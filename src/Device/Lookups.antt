-- ===== src/Device/Lookups.antt =====
-- What looking up a session and a buffer finds, and removing a buffer under what notifications do
-- not change.
use trustonic_tee_user_space.Prelude.{
  ℕ, ◌≡◌, refl, sym, ap, true, List, [], ◌∷◌, ◌++◌, map, none, some, arith, ◌==◌, Option-cases,
  Bool-cases, inl, inr,
}
use trustonic_tee_user_space.OrdMap.{OrdMap, find, erase}
use trustonic_tee_user_space.TrustletSession.{
  TrustletSession, Wsm, remove_bulk_buff, find_bulk_buff,
}
use trustonic_tee_user_space.Device.{Device}
use trustonic_tee_user_space.Device.Irq.{get_trustlet_session, update_at}
use trustonic_tee_user_space.Device.Sessions.{owns, find_session}
use trustonic_tee_user_space.Device.Skeleton.{fixed}

-- The session is in the list, with the id, and the connection is its owner.
abbrev pub Owned : List TrustletSession → (c id : ℕ) → TrustletSession → Type 0
Owned ss c id s =
    ((before : List TrustletSession) × (after : List TrustletSession) × (ss ≡ before ++ s ∷ after))
    × (s.session_id ≡ id)
    × (s.device_connection ≡ some c)

get_trustlet_session-found :
    (ss : List TrustletSession) (id : ℕ) (s : TrustletSession)
    → get_trustlet_session ss id ≡ some s
    → ((before : List TrustletSession) × (after : List TrustletSession) × (ss
          ≡ before ++ s ∷ after))
      × (s.session_id ≡ id)
unfolding get_trustlet_session
get_trustlet_session-found [] id s e = cc
get_trustlet_session-found (t ∷ ts) id s e = elim (Bool-cases (t.session_id == id)) [
  | inl hit ↦
      let here : t ≡ s = ground (arith, hit, e) in rw (← here) (([], ts, refl), ground (arith, hit))
  | inr miss ↦
      let ((before, after, split), same) =
        get_trustlet_session-found ts id s (ground (arith, miss, e)) in
      ((t ∷ before, after, ap (λ l. t ∷ l) split), same)
]

owns-connection : (c : ℕ) (s : TrustletSession) → owns c s ≡ true → s.device_connection ≡ some c
owns-connection c s = elim (Option-cases s.device_connection) [
  | inl e ↦ rw e (λ h. cc)
  | inr (o, e) ↦ rw e (λ h. ap some (ground (arith, h)))
]

pub find_session-Owned :
    (d : Device) (c id : ℕ) (s : TrustletSession)
    → find_session d c id ≡ some s
    → Owned d.sessions c id s
unfolding find_session
find_session-Owned d c id s e = elim (Option-cases (get_trustlet_session d.sessions id)) [
  | inl missing ↦ let impossible : ⊥ = ground arith in absurd impossible
  | inr (t, found) ↦
      let checked : (t ≡ s) × (owns c t ≡ true) = ground arith in
      let (split, same) = get_trustlet_session-found d.sessions id t found in
      rw (← checked.0) (split, same, owns-connection c t checked.1)
]

pub find_bulk_buff-found :
    (s : TrustletSession) (handle len : ℕ)
    → find_bulk_buff s handle len ≡ true
    → (w : Wsm) × (find handle s.buffers ≡ some w) × (w.len ≡ len)
unfolding find_bulk_buff
find_bulk_buff-found s handle len = elim (Option-cases (find handle s.buffers)) [
  | inl e ↦ rw (e, find_bulk_buff) (λ h. cc)
  | inr (w, e) ↦ rw (e, find_bulk_buff) (λ h. (w, refl, ground (arith, h)))
]

erase-absent : (k : ℕ) (m : OrdMap Wsm) → find k m ≡ none → erase k m ≡ m
unfolding find erase
erase-absent k [] e = refl
erase-absent k ((j, w) ∷ m) e = ground (arith, erase-absent k m, e)

-- The session without the buffers of the handle.
abbrev pub without_buffer : (handle : ℕ) → TrustletSession → TrustletSession
without_buffer handle s = record s { buffers = erase handle s.buffers }

fixed-remove_bulk_buff :
    (handle : ℕ) (s : TrustletSession)
    → fixed (remove_bulk_buff s handle).0 ≡ without_buffer handle (fixed s)
unfolding remove_bulk_buff
fixed-remove_bulk_buff handle s = elim (Option-cases (find handle s.buffers)) [
  | inl e ↦
      rw (e, remove_bulk_buff)
        (ap (λ m. record (fixed s) { buffers = m }) (sym (erase-absent handle s.buffers e)))
  | inr (w, e) ↦ rw (e, remove_bulk_buff) refl
]

pub map-update_at :
    (a handle : ℕ) (ss : List TrustletSession)
    → map fixed (update_at a (λ t. (remove_bulk_buff t handle).0) ss)
      ≡ update_at a (without_buffer handle) (map fixed ss)
unfolding update_at
map-update_at a handle [] = refl
map-update_at a handle (s ∷ ss) =
    ground (arith, fixed-remove_bulk_buff handle s, map-update_at a handle ss)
━━━━━━━━━━━━━━━━━━━━
Set down only the lines running from the line with "handle len ≡ true" to the end of the entries above, both included, exactly as they stand.

    → find_bulk_buff s handle len ≡ true
    → (w : Wsm) × (find handle s.buffers ≡ some w) × (w.len ≡ len)
unfolding find_bulk_buff
find_bulk_buff-found s handle len = elim (Option-cases (find handle s.buffers)) [
  | inl e ↦ rw (e, find_bulk_buff) (λ h. cc)
  | inr (w, e) ↦ rw (e, find_bulk_buff) (λ h. (w, refl, ground (arith, h)))
]

erase-absent : (k : ℕ) (m : OrdMap Wsm) → find k m ≡ none → erase k m ≡ m
unfolding find erase
erase-absent k [] e = refl
erase-absent k ((j, w) ∷ m) e = ground (arith, erase-absent k m, e)

-- The session without the buffers of the handle.
abbrev pub without_buffer : (handle : ℕ) → TrustletSession → TrustletSession
without_buffer handle s = record s { buffers = erase handle s.buffers }

fixed-remove_bulk_buff :
    (handle : ℕ) (s : TrustletSession)
    → fixed (remove_bulk_buff s handle).0 ≡ without_buffer handle (fixed s)
unfolding remove_bulk_buff
fixed-remove_bulk_buff handle s = elim (Option-cases (find handle s.buffers)) [
  | inl e ↦
      rw (e, remove_bulk_buff)
        (ap (λ m. record (fixed s) { buffers = m }) (sym (erase-absent handle s.buffers e)))
  | inr (w, e) ↦ rw (e, remove_bulk_buff) refl
]

pub map-update_at :
    (a handle : ℕ) (ss : List TrustletSession)
    → map fixed (update_at a (λ t. (remove_bulk_buff t handle).0) ss)
      ≡ update_at a (without_buffer handle) (map fixed ss)
unfolding update_at
map-update_at a handle [] = refl
map-update_at a handle (s ∷ ss) =
    ground (arith, fixed-remove_bulk_buff handle s, map-update_at a handle ss)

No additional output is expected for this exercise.